§ **What the task requires**:
Among the entries below, find the line with "unacknowledged = 1;", then quote it and each following line up to and including the line with "(some feed)) 2000", and nothing else.

[Data records]

Content starts

-- ===== src/Session/Stale.antt =====
-- Answers that come late, to requests that were sent under a session which has ended.
use tuxwall.Base.{
  ℕ, ◌+◌, ◌≡◌, ap, refl, ◌∙◌, String, true, false, none, some, List, [], ◌∷◌, ◌==◌, any, arith,
  if-elim, str_eq, ◌||◌,
}
use tuxwall.Session.{
  Session, submitted, submit_login, show_login_gate, User, Answer, unauthorized, fetched, accepted,
  Event, call_answered, login_answered, handle, run, receive, answered, remove_call,
  handle_session_expired, login_answer,
}
use tuxwall.Session.Incidents.{Feed}

-- Someone is signed in, and two requests of theirs are under way.
abbrev pub with_two_calls : Session → List ℕ → Session
with_two_calls s cs = record s { authed = true; calls = s.sign_ins ∷ s.sign_ins ∷ cs }

-- A request of sign-in `n` is under way, before those of `cs`.
answered-first :
    (n now : ℕ) (a : Answer) (s : Session) (cs : List ℕ)
    → answered n a now (record s { calls = n ∷ cs }) ≡ receive a now (record s { calls = cs })
unfolding answered remove_call
answered-first n now a s cs =
    if-elim (λ t. t ≡ receive a now (record s { calls = cs })) (any (λ c. c == n) (n ∷ cs))
      (receive a now (record s { calls = remove_call n (n ∷ cs) })) (record s { calls = n ∷ cs })
      (λ e. ap (λ l. receive a now (record s { calls = l })) (ground arith))
      (λ e. ground (arith, e))

answered-second :
    (n m now : ℕ) (a : Answer) (s : Session) (cs : List ℕ)
    → (m == n) ≡ false
    → answered n a now (record s { calls = m ∷ n ∷ cs })
      ≡ receive a now (record s { calls = m ∷ cs })
unfolding answered remove_call
answered-second n m now a s cs d =
    if-elim (λ t. t ≡ receive a now (record s { calls = m ∷ cs })) (any (λ c. c == n) (m ∷ n ∷ cs))
      (receive a now (record s { calls = remove_call n (m ∷ n ∷ cs) }))
      (record s { calls = m ∷ n ∷ cs })
      (λ e. ap (λ l. receive a now (record s { calls = l })) (ground (arith, d)))
      (λ e. ground (arith, e))

-- The first of the two requests shows that the session has expired.
abbrev pub expire : ℕ → ℕ → List Event
expire n now = call_answered n unauthorized now ∷ []

run-expire :
    (s : Session) (now : ℕ) (cs : List ℕ)
    → run (expire s.sign_ins now) (with_two_calls s cs)
      ≡ handle_session_expired (record s { authed = true; calls = s.sign_ins ∷ cs })
unfolding run handle
run-expire s now cs =
    answered-first s.sign_ins now unauthorized (record s { authed = true }) (s.sign_ins ∷ cs)

abbrev pub sign_in_again : String → String → User → List Event
sign_in_again name password u = submitted name password ∷ login_answered (accepted u) ∷ []

-- A name and a password are submitted to a gate that is shown, and accepted.
run-sign_in_again :
    (name password : String) (u : User) (s : Session)
    → (str_eq name "" || str_eq password "") ≡ false
    → run
        (sign_in_again name password u)
        (show_login_gate false "Session expired. Sign in again." s)
      ≡ login_answer (accepted u) s
unfolding run handle submit_login login_answer
run-sign_in_again name password u s p =
    if-elim
      (λ g.
        handle (login_answered (accepted u)) (record s { gate = some g })
        ≡ login_answer (accepted u) s)
      (str_eq name "" || str_eq password "") _ _ (λ e. ground (arith, e, p)) (λ e. refl)

next_eqb : (n : ℕ) → (n + 1 == n) ≡ false
next_eqb n = ground arith

-- Two requests of a session are under way, the first is answered with 401, and someone signs in with a
-- name and a password, which sends a request for the incidents: when the second is answered with 401
-- as well it ends the new session, which it says nothing about.
pub run-stale_unauthorized :
    (s : Session) (cs : List ℕ) (name password : String) (u : User) (now later : ℕ)
    → (str_eq name "" || str_eq password "") ≡ false
    → ((run
          (sign_in_again name password u)
          (run (expire s.sign_ins now) (with_two_calls s cs))).authed
        ≡ true)
      × ((run (expire s.sign_ins later) (
            run
              (sign_in_again name password u)
              (run (expire s.sign_ins now) (with_two_calls s cs)))).authed
          ≡ false)
unfolding run handle login_answer handle_session_expired
run-stale_unauthorized s cs name password u now later p =
    let n = s.sign_ins in
    let expired = handle_session_expired (record s { authed = true; calls = n ∷ cs }) in
    let signed = login_answer (accepted u) expired in
    let e =
      ap (run (sign_in_again name password u)) (run-expire s now cs)
      ∙ run-sign_in_again name password u expired p in
    (
      ap (λ t. t.authed) e,
      ap (λ t. (run (expire n later) t).authed) e
          ∙ ap (λ t. t.authed)
              (answered-second n (n + 1) later unauthorized signed cs (next_eqb n)),
    )

-- Two requests of a session are under way, and the first is answered with 401: when the second is one
-- for the incidents, and is answered with them all the same, they are kept, though nobody is signed
-- in and the end of the session had cleared them.
pub run-stale_incidents :
    (s : Session) (cs : List ℕ) (f : Feed) (now later : ℕ)
    → ((run (expire s.sign_ins now) (with_two_calls s cs)).incidents ≡ none)
      × ((run
            (call_answered s.sign_ins (fetched (some f)) later ∷ [])
            (run (expire s.sign_ins now) (with_two_calls s cs))).incidents
          ≡ some f)
      × ((run
            (call_answered s.sign_ins (fetched (some f)) later ∷ [])
            (run (expire s.sign_ins now) (with_two_calls s cs))).authed
          ≡ false)
unfolding run handle handle_session_expired
run-stale_incidents s cs f now later =
    let n = s.sign_ins in
    let expired = handle_session_expired (record s { authed = true; calls = n ∷ cs }) in
    let e = run-expire s now cs in
    let g =
      ap (run (call_answered n (fetched (some f)) later ∷ [])) e
      ∙ answered-first n later (fetched (some f)) expired cs in
    (ap (λ t. t.incidents) e, ap (λ t. t.incidents) g, ap (λ t. t.authed) g)
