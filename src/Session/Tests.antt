-- ===== src/Session/Tests.antt =====
-- A user who signs in, whose session then expires.
use tuxwall.Base.{◌≡◌, refl, true, false, none, some, List, [], ◌∷◌}
use tuxwall.Session.{
  User, admin, start, Event, booted, signed_out, submitted, login_answered, accepted, totp_required,
  idle_checked, poll_due, bell_pressed, call_answered, unauthorized, fetched, handle, run,
  bootstrap_auth, submit_login, login_answer, answered, remove_call, handle_session_expired,
  check_session_idle, poke_session, press_bell,
}
use tuxwall.Session.Incidents.{Feed}
use tuxwall.Session.Guard.{IsGuarded, run-IsGuarded}

abbrev ann : User
ann = record { username = "ann"; role = admin; is_owner = false; can_manage_users = true }

abbrev feed : Feed
feed = record {
  incidents =
      record { id = "disk"; active = true; acknowledged = false }
      ∷ record { id = "wan"; active = true; acknowledged = true }
      ∷ record { id = "fan"; active = false; acknowledged = false }
      ∷ [];
  unacknowledged = 1;
  critical = 1;
}

abbrev day : List Event
day =
    booted (signed_out false) 1000
    ∷ submitted "ann" "secret"
    ∷ login_answered totp_required
    ∷ submitted "ann" "secret"
    ∷ login_answered (accepted ann)
    ∷ call_answered 1 (fetched (some feed)) 2000
    ∷ idle_checked false 6302000
    ∷ bell_pressed
    ∷ poll_due
    ∷ call_answered 1 unauthorized 6303000
    ∷ []

day_test :
    ((run day start).authed ≡ false)
    × ((run day start).calls ≡ 1 ∷ [])
    × ((run day start).incidents ≡ none)
    × ((run day start).idle_warn ≡ true)
    × ((run day start).username ≡ "ann")
unfolding run handle bootstrap_auth submit_login login_answer answered remove_call
    handle_session_expired check_session_idle poke_session press_bell
day_test = (refl, refl, refl, refl, refl)

run-IsGuarded_example : IsGuarded (run day start)
run-IsGuarded_example = run-IsGuarded day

Content ends

§ **Task result**:
  unacknowledged = 1;
  critical = 1;
}

abbrev day : List Event
day =
    booted (signed_out false) 1000
    ∷ submitted "ann" "secret"
    ∷ login_answered totp_required
    ∷ submitted "ann" "secret"
    ∷ login_answered (accepted ann)
    ∷ call_answered 1 (fetched (some feed)) 2000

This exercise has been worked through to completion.